**The darker the girl the less beautiful?
** **[** ** I was recently overjoyed when my cousin gave birth to a healthy baby girl. I rang my uncle to offer my congratulations regarding the birth of his grand-daughter and asked what she was like. His answer.... with a notable detection of pride..... was that she was fair. I can only assume that the reason for this was his sincere belief that being fair was a positive virtue for his grand-daughter in this world. Perhaps i could even understand his way of thinking as he did afterall come from a generation where such things were valued. Perhaps as a man with two daughters himself he was merely looking forward in time from the perspective of a father faced with the task of marrying his daughter.....that it would be easier.

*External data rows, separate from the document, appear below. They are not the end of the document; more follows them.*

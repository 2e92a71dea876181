-- ===== src/Workers/BankMax.antt =====
-- src/workers/bank_max_aggregator/main.py and src/workers/bank_max_reducer/main.py: the largest transaction
-- of each bank. Amounts are floats in the source; here they are any type with the tests `>` and `==`
-- that the code uses, and accounts are compared by a test `<`.
pub mod Laws
use tp_distribuidos_moneylau.Prelude.{
  ℕ, ◌+◌, ◌==◌, nat_eq, list_eq, Bool, true, false, ◌&&◌, ◌||◌, Option, none, some, List, [], ◌∷◌,
  map, ◌>>=◌, if◌then◌else◌, Dict, lookup, insert, erase, get_or,
}
use tp_distribuidos_moneylau.Prelude.Int.{ℤ}
use tp_distribuidos_moneylau.Prelude.Text.{Text, int_of, str_ℤ}
use tp_distribuidos_moneylau.Worker.Hooks.{Sent}
use tp_distribuidos_moneylau.Worker.Sharding.{flush_sharded}

-- The fields of a transaction that the aggregator reads; a field that the message left out is none.
pub record Transaction (Amount : Type 0) : Type 0 where
  pub amount : Option Amount
  pub from_bank : Option Text
  pub from_account : Option Text

pub record BankMaxPartial (Amount : Type 0) : Type 0 where
  pub from_bank : Text
  pub from_account : Text
  pub amount : Amount

-- `[from_account, amount]` of a delta
abbrev pub Maximum : Type 0 → Type 0
Maximum Amount = Text × Amount

-- the deltas, and the flows of `self._local_max` and `self._global_max`
abbrev pub Maxima : Type 0 → Type 0
Maxima Amount = Dict Text (Maximum Amount)

module _ {Amount : Type 0} (greater same : Amount → Amount → Bool) (less : Text → Text → Bool) where
  -- `_beats(amount, account, cur_amount, cur_account)`
  unfoldable pub beats : Maximum Amount → Maximum Amount → Bool
  beats x current = greater x.1 current.1 || (same x.1 current.1 && less x.0 current.0)

  -- the body of the loops: a maximum that is missing or beaten is replaced
  unfoldable pub raise_max : Text → Maximum Amount → Maxima Amount → Maxima Amount
  unfolding beats
  raise_max bank x maxima = elim (lookup bank maxima) [
    | none ↦ insert bank x maxima
    | some current ↦ if beats x current then insert bank x maxima else maxima
  ]

  -- the loops over a batch and over a delta
  unfoldable pub raise_all : List (Text × Maximum Amount) → Maxima Amount → Maxima Amount
  unfolding raise_max
  raise_all [] maxima = maxima
  raise_all ((bank, x) ∷ entries) maxima = raise_all entries (raise_max bank x maxima)

  -- `_apply_delta`
  unfoldable pub apply_delta :
      Text → Maxima Amount → Dict Text (Maxima Amount) → Dict Text (Maxima Amount)
  unfolding raise_all
  apply_delta c delta flows = insert c (raise_all delta (get_or c [] flows)) flows

  -- `_state_as_delta`
  unfoldable pub state_as_delta : Text → Dict Text (Maxima Amount) → Option (Maxima Amount)
  state_as_delta c flows = some (get_or c [] flows)

  -- the entries of the transactions that have the required fields; none is the ValueError of `int`
  unfoldable pub entries_of : List (Transaction Amount) → Option (List (Text × Maximum Amount))
  entries_of [] = some []
  entries_of (t ∷ batch) =
      let rest = entries_of batch in
      elim t.amount [
        | none ↦ rest
        | some amount ↦ elim t.from_bank [
          | none ↦ rest
          | some from_bank ↦ elim t.from_account [
            | none ↦ rest
            | some from_account ↦ do
              bank ← int_of from_bank
              entries ← rest
              some ((str_ℤ bank, (from_account, amount)) ∷ entries)
          ]
        ]
      ]

  -- `_handle_data_message` of the aggregator
  unfoldable pub aggregator_handle_data :
      Text
      → Text
      → List (Transaction Amount)
      → Dict Text (Maxima Amount)
      → Option
          (Dict Text (Maxima Amount) × Maxima Amount × List (Sent (List (BankMaxPartial Amount))))
  unfolding entries_of raise_all apply_delta
  aggregator_handle_data mid c batch flows = do
    entries ← entries_of batch
    let delta = raise_all entries []
    some (apply_delta c delta flows, delta, [])

  unfoldable pub partial_entries : List (BankMaxPartial Amount) → List (Text × Maximum Amount)
  partial_entries batch = map (λ p. (p.from_bank, (p.from_account, p.amount))) batch

  -- `_handle_data_message` of the reducer
  unfoldable pub reducer_handle_data :
      Text
      → Text
      → List (BankMaxPartial Amount)
      → Dict Text (Maxima Amount)
      → Option
          (Dict Text (Maxima Amount) × Maxima Amount × List (Sent (List (BankMaxPartial Amount))))
  unfolding partial_entries raise_all apply_delta
  reducer_handle_data mid c batch flows =
      let delta = raise_all (partial_entries batch) [] in
      some (apply_delta c delta flows, delta, [])

  -- `list(flow_max.values())`
  unfoldable pub partials : Maxima Amount → List (BankMaxPartial Amount)
  partials maxima =
      map (λ entry. record { from_bank = entry.0; from_account = entry.1.0; amount = entry.1.1 })
        maxima

  -- `_flush_data` of both
  unfoldable pub flush_data :
      (Text → ℕ)
      → ℕ
      → ℕ
      → ℕ
      → (ℕ → Text)
      → Text
      → Dict Text (Maxima Amount)
      → Dict Text (Maxima Amount) × List (Sent (List (BankMaxPartial Amount)))
  unfolding flush_sharded partials
  flush_data hash_of node_id num_shards batch_size str c flows = (
    erase c flows,
    flush_sharded hash_of node_id c (λ p. p.from_bank) num_shards batch_size str
        (partials (get_or c [] flows)),
  )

On that note what does the word “dark” mean to you? I mean, honestly? When i think of dark i think of my mothers beautiful almost velvet-like skin. How they seem so exotic and exciting. Or how the darker skins glow on a lovely summer day…those accompanying big expressive eyes that seem to tell a story of their own.
i guess the difference between me and many others is that i love and am comfortable in my skin. Oh insecurities yes but not about my skin colour. If so then you may ask why i feel so strongly as to submit an article about this topic on your site? I guess that this is aimed not so much at the dark-skin haters amongst us…as far as i am concerned everyone is free to their own choice and i feel no need to convince them. Afterall there is something for everybody…
No. Those who love me will follow me. And not just because of the colour of my skin. However skin colour…like eyes, hair etc is an important component of ones body. It is our wrapping paper. And there are girls and boys out there who have a negative self-image because of their skin colour…and those who dont may still encounter prejudice in some aspect of their life such as marriage.
My advice? Life is unfair. But there are far worse injustices in the world than being misunderstood or misjudged because of the way you look. And learning to live and love an aspect of yourself that you know is a cause of conflict will ultimately make you stronger and more appreciative of who you are.
I myself have not entered the “marriage market” yet as i am far too busy with my second degree. Though i have come into contact with people including annoying girls who feel the need to voice their disturbingly biased views on beauty and “what men want”. Even close friends can be a source of alarming views. However each to his/her own.
However when it does come to seeking a husband, i would rather that people who are fortunate enough to cast an eye on my photo and do not like the colour of what they see politely give it back and dont waste my time. Though i guess that, ultimately, what i am really hoping for…is that my husband-to-be will see me and feel the same tinge of admiration and awe that i feel when i see a person of darker shade. As i personally find that which is less obvious more engaging.
As a muslim i know that ultimately even if every other human-being does not share my love of my skin, i am not alone. For God knows the reason and the beauty of every creed. And in the hereafter at least there will be no comparison between the darkest girl and the fairest girl.